一個身材精悍的男人跳上擂臺,他的眼神銳利得像刀子,渾身散發(fā)著真正的殺氣。
“剛才那場不算,猛虎大意了。”那個男人活動著脖子,發(fā)出咔咔的聲響,“現(xiàn)在換我來,你敢不敢接?”
臺下響起一陣騷動,有人認(rèn)出了這個男人。
“是刀疤!東北道上的狠角色!”
“聽說他手上有十幾條人命,是真正的殺人犯!”
“這下有好戲看了。”
林子辰走到楚凡身邊,壓低聲音說:“楚老板,要不今天就到這里吧,刀疤這個人不好惹。”
“是嗎?”楚凡把手提箱遞給小馬,“幫我拿著。”
說完,他轉(zhuǎn)身重新跳上擂臺。
“規(guī)矩還是一樣?”楚凡看著刀疤。
“一樣。”刀疤的嘴角裂開一個殘忍的笑容,“不過我要加一條,打到死為止。”
“可以。”
裁判看了看林子辰,林子辰猶豫了一下,點了點頭。
“開始!”
刀疤這次沒有像猛虎那樣莽撞地沖上來,他在擂臺上慢慢移動,尋找著出手的機會。
但楚凡比他更有耐心。
兩人對峙了三十秒,刀疤終于忍不住出手了。他的速度很快,拳法也很狠辣,每一招都是沖著要害去的。
楚凡不斷閃避后退,看起來被壓制得很慘。
臺下的觀眾又開始起哄,有人說楚凡剛才只是運氣好,現(xiàn)在要完蛋了。
林子辰站在臺下,臉上重新掛上了笑容。
然而下一秒,局勢突變。
楚凡在閃避刀疤一記鞭腿的時候,突然不退反進(jìn),整個人貼進(jìn)了刀疤的懷里。
近身短打,這是最兇險的打法。
楚凡的肘部像鐵錘一樣砸在刀疤的胸口,緊接著膝蓋頂在他的小腹,最后一記鞭拳打在他的太陽穴上。
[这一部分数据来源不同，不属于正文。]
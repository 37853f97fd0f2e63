-- ===== src/Fleet/Chain/Histories.antt =====
-- The event chain under all operations of the fleet store (src/voodoo_skillset/fleet.py), and under
-- any history of calls.
use voodoo_skillset.Prelude.{
  String, Bool, Option, none, some, List, [], ◌∷◌, ◌++◌, ◌≡◌, refl, arith, ℤ, ap,
}
use voodoo_skillset.Json.{Fields}
use voodoo_skillset.Platform.{Platform}
use voodoo_skillset.Fleet.Tables.{State, Job, Plan, Event, Store, init_db}
use voodoo_skillset.Fleet.Events.{new_event, expected_hash, verify_event_chain}
use voodoo_skillset.Fleet.Queue.{
  update_job, write_plan, record_plan, insert_job, admit_job, Request, enqueue, reap_row, reap_rows,
  reap_expired,
}
use voodoo_skillset.Fleet.Updates.{retry_state, expire_execution, expire_verification}
use voodoo_skillset.Fleet.Execution.{
  grant_candidate, claim_row, lease_of, claim_execution, live_row, heartbeat_execution,
  check_receipt, store_receipt, complete_execution, releasable_row, release_row, fail_execution,
}
use voodoo_skillset.Fleet.Verification.{
  grant_verifiable, claim_verifiable, claim_verification, check_verdict, verifying_row, judge_row,
  store_verdict, complete_verification,
}
use voodoo_skillset.Fleet.Chain.{IsChain, verify_event_chain-IsChain}
use voodoo_skillset.Fleet.Chain.Appending.{
  Extends, same, more, Extends-trans, Appending-record_event, Appending, Appending-reads,
  Appending-bind, appending,
}
use voodoo_skillset.Fleet.Refinement.Operations.{
  Operation, plans, enqueues, claims, renews, completes, fails, claims_verification, judges,
  perform, run,
}

module _ (env : Platform) where
  live_row-Appending :
      (id worker token : String) (now : ℤ) → Appending env (live_row env id worker token now)
  unfolding live_row
  live_row-Appending id worker token now = Appending-reads env _ (λ s. ground arith)

  heartbeat_execution-Appending :
      (id worker token : String) (seconds now : ℤ)
      → Appending env (heartbeat_execution env id worker token seconds now)
  unfolding heartbeat_execution
  heartbeat_execution-Appending id worker token seconds now =
      search (appending, live_row-Appending) depth 9

  check_receipt-Appending :
      (receipt : Fields) (signed : Bool) → Appending env (check_receipt receipt signed)
  unfolding check_receipt
  check_receipt-Appending receipt signed = search appending depth 9

  store_receipt-Appending :
      (id worker token : String) (receipt : Fields) (now : ℤ)
      → Appending env (store_receipt env id worker token receipt now)
  unfolding store_receipt
  store_receipt-Appending id worker token receipt now =
      search (appending, live_row-Appending) depth 9

  complete_execution-Appending :
      (id worker token : String) (receipt : Fields) (signed : Bool) (now : ℤ)
      → Appending env (complete_execution env id worker token receipt signed now)
  unfolding complete_execution
  complete_execution-Appending id worker token receipt signed now =
      search (appending, check_receipt-Appending, store_receipt-Appending) depth 9

  releasable_row-Appending :
      (id worker token : String) → Appending env (releasable_row env id worker token)
  unfolding releasable_row
  releasable_row-Appending id worker token = Appending-reads env _ (λ s. ground arith)

  release_row-Appending :
      (id worker error : String) (delay now : ℤ) (row : Job)
      → Appending env (release_row env id worker error delay now row)
  unfolding release_row
  release_row-Appending id worker error delay now row = search appending depth 9

  fail_execution-Appending :
      (id worker token error : String) (delay now : ℤ)
      → Appending env (fail_execution env id worker token error delay now)
  unfolding fail_execution
  fail_execution-Appending id worker token error delay now =
      search (appending, releasable_row-Appending, release_row-Appending) depth 9

  reap_row-Appending : (now : ℤ) (row : Job) → Appending env (reap_row env now row)
  unfolding reap_row
  reap_row-Appending now row = record { at = λ s. reaped s row.state }
    where
      reaped :
          (s : Store) (st : State)
          → Extends env s.events (reap_row env now (record row { state = st }) s).1.events
      reaped s State.leased =
          (Appending-record_event env (some row.job_id) "EXECUTION_LEASE_EXPIRED"
              "fleet-coordinator" _ now).at
            (update_job row.job_id
              (expire_execution (retry_state (record row { state = State.leased })) now) s).1
      reaped s _ =
          (Appending-record_event env (some row.job_id) "VERIFICATION_LEASE_EXPIRED"
              "fleet-coordinator" _ now).at
            (update_job row.job_id (expire_verification now) s).1

  reap_rows-Appending : (now : ℤ) (rows : List Job) → Appending env (reap_rows env now rows)
  unfolding reap_rows
  reap_rows-Appending now [] = search appending
  reap_rows-Appending now (row ∷ rows) =
      Appending-bind env _ _ (reap_row-Appending now row) (λ _. reap_rows-Appending now rows)

  reap_expired-Appending : (now : ℤ) → Appending env (reap_expired env now)
  unfolding reap_expired
  reap_expired-Appending now = search (appending, reap_rows-Appending)

  lease_of-Appending :
      (owner token : String) (expires : ℤ) (o : Option String)
      → Appending env (lease_of owner token expires o)
  unfolding lease_of
  lease_of-Appending owner token expires none = search appending
  lease_of-Appending owner token expires (some id) = search appending

  grant_candidate-Appending :
      (worker token : String) (expires now : ℤ) (o : Option Job)
      → Appending env (grant_candidate env worker token expires now o)
  unfolding grant_candidate
  grant_candidate-Appending worker token expires now none = search appending
  grant_candidate-Appending worker token expires now (some row) = search appending depth 9

  claim_row-Appending :
      (worker : String) (seconds now : ℤ) (token : String)
      → Appending env (claim_row env worker seconds now token)
  unfolding claim_row
  claim_row-Appending worker seconds now token =
      search (appending, reap_expired-Appending, grant_candidate-Appending) depth 9

  claim_execution-Appending :
      (worker : String) (seconds now : ℤ) (token : String)
      → Appending env (claim_execution env worker seconds now token)
  unfolding claim_execution
  claim_execution-Appending worker seconds now token =
      search (appending, claim_row-Appending, lease_of-Appending) depth 9

  grant_verifiable-Appending :
      (verifier token : String) (expires now : ℤ) (o : Option Job)
      → Appending env (grant_verifiable env verifier token expires now o)
  unfolding grant_verifiable
  grant_verifiable-Appending verifier token expires now none = search appending
  grant_verifiable-Appending verifier token expires now (some row) = search appending depth 9

  claim_verifiable-Appending :
      (verifier : String) (seconds now : ℤ) (token : String)
      → Appending env (claim_verifiable env verifier seconds now token)
  unfolding claim_verifiable
  claim_verifiable-Appending verifier seconds now token =
      search (appending, reap_expired-Appending, grant_verifiable-Appending) depth 9

  claim_verification-Appending :
      (verifier : String) (seconds now : ℤ) (token : String)
      → Appending env (claim_verification env verifier seconds now token)
  unfolding claim_verification
  claim_verification-Appending verifier seconds now token =
      search (appending, claim_verifiable-Appending, lease_of-Appending) depth 9

  verifying_row-Appending :
      (id verifier token : String) (now : ℤ)
      → Appending env (verifying_row env id verifier token now)
  unfolding verifying_row
  verifying_row-Appending id verifier token now = Appending-reads env _ (λ s. ground arith)

  check_verdict-Appending :
      (verdict : String) (proof : Fields) → Appending env (check_verdict verdict proof)
  unfolding check_verdict
  check_verdict-Appending verdict proof = search appending depth 9

  judge_row-Appending :
      (id verifier : String) (v : State) (proof : Fields) (now : ℤ) (row : Job)
      → Appending env (judge_row env id verifier v proof now row)
  unfolding judge_row
  judge_row-Appending id verifier v proof now row = search appending depth 9

  store_verdict-Appending :
      (id verifier token : String) (proof : Fields) (now : ℤ) (v : State)
      → Appending env (store_verdict env id verifier token proof now v)
  unfolding store_verdict
  store_verdict-Appending id verifier token proof now v =
      search (appending, verifying_row-Appending, judge_row-Appending) depth 9

  complete_verification-Appending :
      (id verifier token verdict : String) (proof : Fields) (now : ℤ)
      → Appending env (complete_verification env id verifier token verdict proof now)
  unfolding complete_verification
  complete_verification-Appending id verifier token verdict proof now =
      search (appending, check_verdict-Appending, store_verdict-Appending) depth 9

  insert_job-Appending : (j : Job) → Appending env (insert_job j)
  unfolding insert_job
  insert_job-Appending j = Appending-reads env _ (λ s. ground arith)

  admit_job-Appending :
      (r : Request) (id : String) (now : ℤ) → Appending env (admit_job env r id now)
  unfolding admit_job
  admit_job-Appending r id now = search (appending, insert_job-Appending) depth 9

  enqueue-Appending :
      (r : Request) (fresh : String) (now : ℤ) → Appending env (enqueue env r fresh now)
  unfolding enqueue
  enqueue-Appending r fresh now = search (appending, admit_job-Appending) depth 9

  write_plan-Appending : (p : Plan) → Appending env (write_plan p)
  unfolding write_plan
  write_plan-Appending p = Appending-reads env _ (λ s. refl)

  record_plan-Appending : (plan : Fields) (now : ℤ) → Appending env (record_plan env plan now)
  unfolding record_plan
  record_plan-Appending plan now = search (appending, write_plan-Appending) depth 9

  -- The events that one call leaves extend the events that it has met.
  perform-Extends :
      (op : Operation) (now : ℤ) (s : Store) → Extends env s.events (perform env op now s).events
  unfolding perform
  perform-Extends (plans plan) now s = (record_plan-Appending plan now).at s
  perform-Extends (enqueues r fresh) now s = (enqueue-Appending r fresh now).at s
  perform-Extends (claims worker seconds token) now s =
      (claim_execution-Appending worker seconds now token).at s
  perform-Extends (renews id worker token seconds) now s =
      (heartbeat_execution-Appending id worker token seconds now).at s
  perform-Extends (completes id worker token receipt signed) now s =
      (complete_execution-Appending id worker token receipt signed now).at s
  perform-Extends (fails id worker token error delay) now s =
      (fail_execution-Appending id worker token error delay now).at s
  perform-Extends (claims_verification verifier seconds token) now s =
      (claim_verification-Appending verifier seconds now token).at s
  perform-Extends (judges id verifier token verdict proof) now s =
      (complete_verification-Appending id verifier token verdict proof now).at s

  run-Extends :
      (ops : List (Operation × ℤ)) (s : Store) → Extends env s.events (run env ops s).events
  unfolding run
  run-Extends [] s = same
  run-Extends ((op, now) ∷ ops) s =
      Extends-trans env (perform-Extends op now s) (run-Extends ops (perform env op now s))

  Extends-IsChain : {es fs : List Event} → Extends env es fs → IsChain env es → IsChain env fs
  unfolding new_event expected_hash
  Extends-IsChain same c = c
  Extends-IsChain (more job kind actor payload now e) c = (refl, refl, Extends-IsChain e c)

  Extends-append : {es fs : List Event} → Extends env es fs → (new : List Event) × (fs ≡ new ++ es)
  Extends-append same = ([], refl)
  Extends-append (more {fs = fs} job kind actor payload now e) =
      let (new, p) = Extends-append e in
      (
        new_event env job kind actor payload now fs ∷ new,
        ap (λ l. new_event env job kind actor payload now fs ∷ l) p,
      )

-- After any history of calls from the empty tables, failed ones among them, the verification of the
-- event chain succeeds.
pub run-verifies :
    (env : Platform) (ops : List (Operation × ℤ))
    → verify_event_chain env (run env ops init_db) ≡ none
run-verifies env ops =
    (verify_event_chain-IsChain env (run env ops init_db)).1
      (Extends-IsChain env (run-Extends env ops init_db) tt)

-- No call removes or rewrites an event: what a history leaves is what it has met, with events before
-- it, the newest first.
pub run_append_only :
    (env : Platform) (ops : List (Operation × ℤ)) (s : Store)
    → (new : List Event) × ((run env ops s).events ≡ new ++ s.events)
run_append_only env ops s = Extends-append env (run-Extends env ops s)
刀疤的身體僵硬了,眼睛里的神采迅速消散,整個人直挺挺地倒了下去。
這次用的時間更短,只有五秒。
臺下的觀眾徹底瘋了,有人尖叫,有人咒罵,更多的人則是不敢相信地揉著眼睛。
林子辰的臉色徹底變了,他轉(zhuǎn)身就要往外走。
“站住。”楚凡的聲音不大,但在嘈雜的地下拳場里格外清晰。
林子辰停下腳步,轉(zhuǎn)過身來,臉上擠出一個比哭還難看的笑容:“楚老板,還有什么吩咐?”
“這個局是你設(shè)的?”楚凡從擂臺上跳下來,一步步走向林子辰。
“什么局?楚老板您說笑了。”林子辰后退了兩步,“我只是想給您介紹個賺錢的機會。”